Para amenizar os efeitos negativos da Covid-19, o Banco Central intensificou sua estratégia de cortes na Selic. Na última reunião do Copom (Comitê de Política Monetária), a meta da Selic foi reduzida para 3%, o seu menor nível histórico. Esse efeito está sendo gradualmente repassado para as famílias, que verificam juros menores no mercado. No entanto, essa redução não foi o suficiente para incentivar o crédito nesse momento de maior cautela tanto dos bancos quanto dos indivíduos, dada a estabilidade observada em abril.

A possibilidade de aumento da inadimplência é uma outra expectativa preocupante do momento, dada a instabilidade na renda e preocupação com o mercado de trabalho.
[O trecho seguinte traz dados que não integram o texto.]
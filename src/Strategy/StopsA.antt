-- ===== src/Strategy/StopsA.antt =====
-- The trailing stop under Strategy A.
use icici_breeze_api_trading.Prelude.{
  ◌≡◌, false, not, ◌&&◌, ◌||◌, Option, inl, inr, ◌==◌, Bool-cases,
}
use icici_breeze_api_trading.Prelude.Int.{pos, ltb_ℤ}
use icici_breeze_api_trading.Prelude.Float.{Float}
use icici_breeze_api_trading.Contracts.{Time}
use icici_breeze_api_trading.Strategy.{ActiveTrade, ManagerConfig, or_price}
use icici_breeze_api_trading.Strategy.Flow.{◌>=>◌}
use icici_breeze_api_trading.Strategy.Prices.{not_positive, positive, at_stop, or_zero}
use icici_breeze_api_trading.Strategy.StrategyA.{
  measure_a, exit_a, protect_a, stop_a, target_a, session_over, activated, partial_lots, lock_half,
  decide_partial, stages_a, update_strategy_a_position,
}
use icici_breeze_api_trading.Strategy.Stops.{
  PriceOrder, IsRounded, Tightens, tighten-Tightens, Tightens-refl, then_keeps,
}

module _ {F : Type 0} ⦃fl : Float F⦄ (t0 : ActiveTrade F) where
  -- The stop is set, too.
  abbrev Ready : ActiveTrade F → Type 0
  Ready t = Tightens t0 t × (not_positive t.current_trailing_stop ≡ false)

  measure_a-Ready :
      (entry r price option : F) (t : ActiveTrade F)
      → Ready t
      → Ready (measure_a entry r price option t).1
  unfolding measure_a
  measure_a-Ready entry r price option t h = elim (Bool-cases (positive option)) [
    | inl e ↦ rw e h
    | inr e ↦ rw e h
  ]

  exit_a-Ready :
      (c : ManagerConfig F) (option : F) (as_of : Option Time) (t : ActiveTrade F)
      → Ready t
      → Ready (exit_a c option as_of t).1
  unfolding exit_a
  exit_a-Ready c option as_of t h = elim (Bool-cases (session_over c as_of)) [
    | inl e ↦ rw e h
    | inr e ↦ elim (Bool-cases (positive option && fl.le option t.option_hard_stop_price)) [
      | inl s ↦ rw (e, s) h
      | inr s ↦ rw (e, s) h
    ]
  ]

  stop_a-Tightens :
      (c : ManagerConfig F) (price : F) (t : ActiveTrade F)
      → Tightens t0 t
      → Tightens t0 (stop_a c price t).1
  unfolding stop_a
  stop_a-Tightens c price t h =
      elim (Bool-cases (at_stop t.direction price t.current_trailing_stop)) [
        | inl e ↦ rw e h
        | inr e ↦ rw e h
      ]

module _ {F : Type 0} ⦃fl : Float F⦄ (o : PriceOrder F) (t0 : ActiveTrade F)
    (r0 : IsRounded t0) where
  protect_a-Tightens :
      (c : ManagerConfig F) (entry : F) (t : ActiveTrade F)
      → Ready t0 t
      → Tightens t0 (protect_a c entry t).1
  unfolding protect_a
  protect_a-Tightens c entry t h = elim (Bool-cases (activated c t)) [
    | inl e ↦ rw (h.1, e) (tighten-Tightens o t0 t _ r0 h.0.0 h.0.1.0)
    | inr e ↦ rw (h.1, e) h.0
  ]

  decide_partial-Tightens :
      (price : F) (t : ActiveTrade F) → Tightens t0 t → Tightens t0 (decide_partial price t).1
  decide_partial-Tightens price t h = elim (Bool-cases (t.lot_size == 0)) [
    | inl e ↦ rw e h
    | inr e ↦ elim (Bool-cases (ltb_ℤ (partial_lots t) (pos 1))) [
      | inl s ↦ rw (e, s) h
      | inr s ↦ rw (e, s) h
    ]
  ]

  target_a-Tightens :
      (c : ManagerConfig F) (entry r price : F) (t : ActiveTrade F)
      → Tightens t0 t
      → Tightens t0 (target_a c entry r price t).1
  unfolding target_a
  target_a-Tightens c entry r price t h =
      elim (Bool-cases (fl.le c.strategy_config.t1_r t.peak_r && not t.t1_reached)) [
        | inl e ↦ rw e (
            decide_partial-Tightens price (lock_half entry r t)
              (tighten-Tightens o t0 t _ r0 h.0 h.1.0))
        | inr e ↦
            elim (Bool-cases
              (t.t1_exit_pending && ltb_ℤ t.partial_exit_filled_quantity t.t1_exit_quantity)) [
                | inl s ↦ rw (e, s) h
                | inr s ↦
                    elim (Bool-cases (fl.le c.strategy_config.runner_target_reference_r t.peak_r)) [
                      | inl k ↦ rw (e, s, k) h
                      | inr k ↦ rw (e, s, k) h
                    ]
              ]
      ]

  stages_a-Tightens :
      (c : ManagerConfig F) (entry r price option : F) (as_of : Option Time)
      → not_positive t0.current_trailing_stop ≡ false
      → Tightens t0 (stages_a c entry r price option as_of t0).1
  stages_a-Tightens c entry r price option as_of p =
      let P = Tightens t0 in
      let Q = Ready t0 in
      let measured = measure_a entry r price option in
      let kept = measured >=> exit_a c option as_of in
      let protected = kept >=> protect_a c entry in
      let stopped = protected >=> stop_a c price in
      then_keeps P P stopped (target_a c entry r price) t0 (λ u h. h)
        (then_keeps P P protected (stop_a c price) t0 (λ u h. h)
          (then_keeps P Q kept (protect_a c entry) t0 (λ u h. h.0)
            (then_keeps Q Q measured (exit_a c option as_of) t0 (λ u h. h)
              (measure_a-Ready t0 entry r price option t0 (Tightens-refl o t0 r0, p))
              (exit_a-Ready t0 c option as_of))
            (protect_a-Tightens c entry))
          (stop_a-Tightens t0 c price))
        (target_a-Tightens c entry r price)

  pub update_strategy_a_position-Tightens :
      (c : ManagerConfig F) (price : F) (option : Option F) (as_of : Option Time)
      → not_positive t0.current_trailing_stop ≡ false
      → Tightens t0 (update_strategy_a_position c price option as_of t0).1
  unfolding update_strategy_a_position
  update_strategy_a_position-Tightens c price option as_of p =
      elim (Bool-cases (not_positive price || (not_positive entry || not_positive r))) [
        | inl e ↦ rw e (Tightens-refl o t0 r0)
        | inr e ↦ rw e (stages_a-Tightens c entry r price (or_zero option) as_of p)
      ]
    where
      entry : F
      entry = or_price t0.underlying_entry_price t0.entry_spot_price

      r : F
      r = or_price t0.underlying_r t0.initial_r_points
No entanto, os últimos números mostraram apenas um leve aumento nesse indicador. Esse resultado, melhor do que esperado foi devido ao benefício do coronavoucher e de seu grande alcance. Com essa renda a mais e a flexibilização nos contratos de trabalho em vez da demissão, a população está conseguindo manter suas dívidas sob controle. Além da baixa taxa de inflação, que também está ajudando as famílias a manterem o poder de compra e seu nível de renda real.

Os bancos estão recebendo muitos depósitos, já que os agentes econômicos estão entesourando mais, devido às incertezas por que estão passando. Logo, os bancos não podem alegar que não possuem recursos. Eles existem, mas também tem que existir a vontade de liberá-los.

 

 

 

Por Carlos Thadeu de Freitas Gomes é economista-chefe da CNC (Confederação Nacional do Comércio de Bens, Serviços e Turismo). Foi presidente do Conselho de Administração do BNDES e diretor do BNDES de 2017 a 2019, diretor do Banco Central (1986-1988) e da Petrobras (1990-1992).